US to end Russia’s ability to pay international investors

File - Treasury Secretary Janet Yellen testifies before the Senate Banking, Housing, and Urban Affairs Committee hearing, May 10, 2022, on Capitol Hill in Washington. The U.S. will close the last avenue for Russia to pay back its billions in debt to international investors on Wednesday, making a Russian default on its debts for the first time since the Bolshevik Revolution all but inevitable. The Treasury Department said in a notification Tuesday that it does not plan to renew the license to allow Russia to keep paying its debtholders through American banks. (Tom Williams/Pool via AP, File)
File - Treasury Secretary Janet Yellen testifies before the Senate Banking, Housing, and Urban Affairs Committee hearing, May 10, 2022, on Capitol Hill in Washington. The U.S. will close the last avenue for Russia to pay back its billions in debt to international investors on Wednesday, making a Russian default on its debts for the first time since the Bolshevik Revolution all but inevitable. The Treasury Department said in a notification Tuesday that it does not plan to renew the license to allow Russia to keep paying its debtholders through American banks. (Tom Williams/Pool via AP, File)

WASHINGTON -- The U.S. will close the last avenue for Russia to pay its billions in debt back to international investors on Wednesday, making a Russian default on its debts for the first time since the Bolshevik Revolution all but inevitable.

The Treasury Department said in a notification that does not plan to renew the license that allowed Russia to keep paying its debtholders through American banks.

Since the first rounds of sanctions, the Treasury Department has given banks a license to process any dollar-denominated bond payments from Russia. That window expires at midnight May 25.

There had already been signs that the Biden administration was unwilling to extend the deadline. At a press conference heading into the Group of Seven finance minister meetings in Koenigswinter, Germany, last week, Treasury Secretary Janet Yellen said the window existed "to allow a period of time for an orderly transition to take place, and for investors to be able to sell securities."

"The expectation was that it was time-limited," Yellen said.

Without the license to use U.S. banks to pay its debts, Russia would have no ability to repay its international bond investors. The Kremlin has been using JPMorgan Chase and Citigroup as its conduits to pay its obligations.

Jay Auslander, a prominent sovereign debt lawyer who previously litigated other debt crises like the one in Argentina, said at this point most of the institutional investors in Russian debts have likely sold their holdings, knowing this deadline is coming. Those who are still holding the debts are either distressed debt investors or those willing to wait to litigate it out over the next few years.
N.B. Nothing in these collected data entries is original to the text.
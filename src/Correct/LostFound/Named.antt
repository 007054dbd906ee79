-- ===== src/Correct/LostFound/Named.antt =====
-- The entry of lost+found for an inode is named by its number in decimal.
use mathlib.Core.Path.{subst}
use mathlib.Core.List.{reverse, reverse-cons, reverse-reverse}
use my_fsck.Base.{
  ℕ, ◌^◌, ◌≤◌, ◌<◌, ◌≡◌, refl, arith, List, [], ◌∷◌, ◌++◌, some, length, length-append, u16, sub32,
  ap, ◌∙◌, sym,
}
use my_fsck.Machine.Memory.{Bytes}
use my_fsck.Machine.State.{DirEntry, Inode}
use my_fsck.Dir.{read_dir_entry_in_block}
use my_fsck.Dir.Codec.{IsName}
use my_fsck.Correct.LostFound.{digits, new_entry, put_entry}
use my_fsck.Correct.LostFound.Digits.{
  from_digits, AllDigits, digits-value, digits-AllDigits, length-digits,
}
use my_fsck.Correct.LostFound.Entry.{IsEntry, read_dir_entry-put_entry}

AllDigits-IsName : (cs : List ℕ) → AllDigits cs → IsName cs
AllDigits-IsName [] h = tt
AllDigits-IsName (c ∷ cs) h = (omega (arith, h.0), omega (arith, h.1), AllDigits-IsName cs h.2)

append-IsName : (xs ys : List ℕ) → IsName xs → IsName ys → IsName (xs ++ ys)
append-IsName [] ys h h' = h'
append-IsName (x ∷ xs) ys h h' = (h.0, h.1, append-IsName xs ys h.2 h')

reverse-IsName : (xs : List ℕ) → IsName xs → IsName (reverse xs)
reverse-IsName [] h = tt
reverse-IsName (x ∷ xs) h =
    subst IsName (sym (reverse-cons x xs))
      (append-IsName (reverse xs) (x ∷ []) (reverse-IsName xs h.2) (h.0, h.1, tt))

length-reverse : (xs : List ℕ) → length (reverse xs) ≡ length xs
length-reverse [] = refl
length-reverse (x ∷ xs) =
    ap length (reverse-cons x xs)
    ∙ length-append (reverse xs) (x ∷ [])
    ∙ omega (arith, length-reverse xs)

new_entry-IsEntry : (n : ℕ) (inode : Inode) → 1 ≤ n → n < 2 ^ 32 → IsEntry (new_entry n inode)
unfolding new_entry
new_entry-IsEntry n inode lo hi =
    let short = length-digits 10 n in
    record {
      used = omega arith;
      inode_fits = hi;
      type_fits = ground arith;
      name_fits = omega arith;
      length_name = length-reverse (digits 10 n) ∙ omega arith;
      name = reverse-IsName (digits 10 n) (AllDigits-IsName (digits 10 n) (digits-AllDigits 10 n));
    }

-- At any offset of any block, for an inode number from 1 to 2^32 - 1, the entry that is put there
-- for lost+found is read back; it names the inode, its length is the rest of the block, cut to 16
-- bits, and its name is the inode number in decimal.
pub new_entry-put_entry :
    (bs o n : ℕ) (inode : Inode) (block : Bytes)
    → 1 ≤ n
    → n < 2 ^ 32
    → (e : DirEntry) × (read_dir_entry_in_block (put_entry bs (new_entry n inode) block o) o
        ≡ some e)
      × (e.inode ≡ n)
      × (e.rec_len ≡ u16 (sub32 bs o))
      × (from_digits (reverse e.name) ≡ n)
      × AllDigits (reverse e.name)
unfolding new_entry
new_entry-put_entry bs o n inode block lo hi =
    let same = reverse-reverse (digits 10 n) in
    (
      record (new_entry n inode) { rec_len = u16 (sub32 bs o) },
      read_dir_entry-put_entry bs o (new_entry n inode) block (new_entry-IsEntry n inode lo hi),
      refl,
      refl,
      ap from_digits same ∙ digits-value 10 n (omega arith),
      subst AllDigits (sym same) (digits-AllDigits 10 n),
    )
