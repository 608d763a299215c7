-- ===== src/App/Clearing.antt =====
-- examples/demo-mobile/src/features/payment/hooks/usePaymentClearing.ts: `processQueue`, cut at its
-- await. The native client is the ledger of ledger/fallback.ts. Whether `execute` succeeded is an
-- argument of the second half: the hook passes it an object as the body, which no request of App/Auth.antt
-- can hold and which the adapters refuse with a TypeError, so that as the code stands it fails when it is dispatched.
pub mod Batch
pub mod Cleared
use vesper_platform.Base.{
  ℕ, String, Bool, true, false, Option, none, some, List, [], ◌∷◌, map, if◌then◌else◌, Bytes,
}
use vesper_platform.Binary.Utf8.{Text}
use vesper_platform.Dpop.Base64.{base64_url_encode}
use vesper_platform.Ledger.Fallback.{
  Host, Ledger, Outcome, done, blocked, get_queue_ids, get_transaction_payload, dequeue_transaction,
}

-- A transaction of the batch: its id and its payload in base64url.
abbrev pub Batch : Type 0
Batch = List (String × Text)

pub record Clearing : Type 0 where
  pub is_processing : Bool
  pub ledger : Ledger

-- The loop over the ids; an id without a payload is skipped.
unfoldable pub collect_batch : (String → Option Bytes) → List String → Batch
collect_batch payload_of [] = []
collect_batch payload_of (id ∷ ids) =
    let rest = collect_batch payload_of ids in
    elim (payload_of id) [ none ↦ rest | some payload ↦ (id, base64_url_encode payload) ∷ rest ]

-- validIds
unfoldable pub valid_ids : Batch → List String
valid_ids batch = map (λ t. t.0) batch

-- The batch that is sent, if there is one. An empty batch sends nothing and frees the lock.
abbrev pub send : Clearing → Batch → Option Batch × Clearing
send c [] = (none, record c { is_processing = false })
send c (t ∷ batch) = (some (t ∷ batch), record c { is_processing = true })

unfoldable pub begin_clearing : Clearing → Option Batch × Clearing
begin_clearing c =
    if c.is_processing
    then (none, c)
    else send c (collect_batch (λ id. get_transaction_payload id c.ledger) (get_queue_ids c.ledger))

-- The loop that dequeues; an exception ends it, and is caught.
unfoldable pub dequeue_all : Host → List String → Ledger → Ledger
dequeue_all host [] s = s
dequeue_all host (id ∷ ids) s = elim (dequeue_transaction host id s) [
  | blocked ↦ s
  | done _ t ↦ dequeue_all host ids t
]

-- From the end of `execute`, which succeeded or failed, to the `finally` block.
unfoldable pub end_clearing : Host → Bool → Batch → Clearing → Clearing
unfolding dequeue_all valid_ids
end_clearing host sent batch c = record {
  is_processing = false;
  ledger = if sent then dequeue_all host (valid_ids batch) c.ledger else c.ledger;
}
"The majority who wanted out have gotten out. The only issue is finding buyers," he said.

The Kremlin appears to have foreseen the likelihood that the U.S. would not allow Russia to keep paying on its bonds. The Russian Finance Ministry prepaid two bonds on Friday that were due this month to get ahead of the May 25 deadline.

The next payments Russia will need to make on its debts are due on June 23. Like other Russian debt, those bonds have a 30-day grace period -- which would cause default by Russia to be declared by late July, barring the unlikely scenario that the Russia-Ukraine war would come to an end before then.

Investors have been almost certain of Russia going into default for months now. Insurance contracts that cover Russian debt have priced a 80% likelihood of default for weeks and rating agencies like Standard & Poor's and Moody's have placed the country's debt deep into junk territory.

Russia has not defaulted on its international debts since the 1917 Revolution, when the Russian Empire collapsed and the Soviet Union was created. Russia defaulted on its domestic debts in the late 1990s during the Asian Financial Crisis, but was able to recover from that default with the help of international aid.

A Russian default this time will likely have little-to-minimal impact on the global economy, Auslander said, since Russia has been cut off from global financial markets for months now and investors have been expecting a default. Biden officials have made similar statements.

Once it defaults, the next likely step would be for Russia to turn to U.S., British or European courts to argue that it was forced into default by circumstances beyond its control -- a concept in finance known as force majeure -- in an effort to restore its standing in global financial markets. It may be difficult to win that argument however, Auslander said, due to the fact that Russia got cut off from financial markets because it chose to invade Ukraine.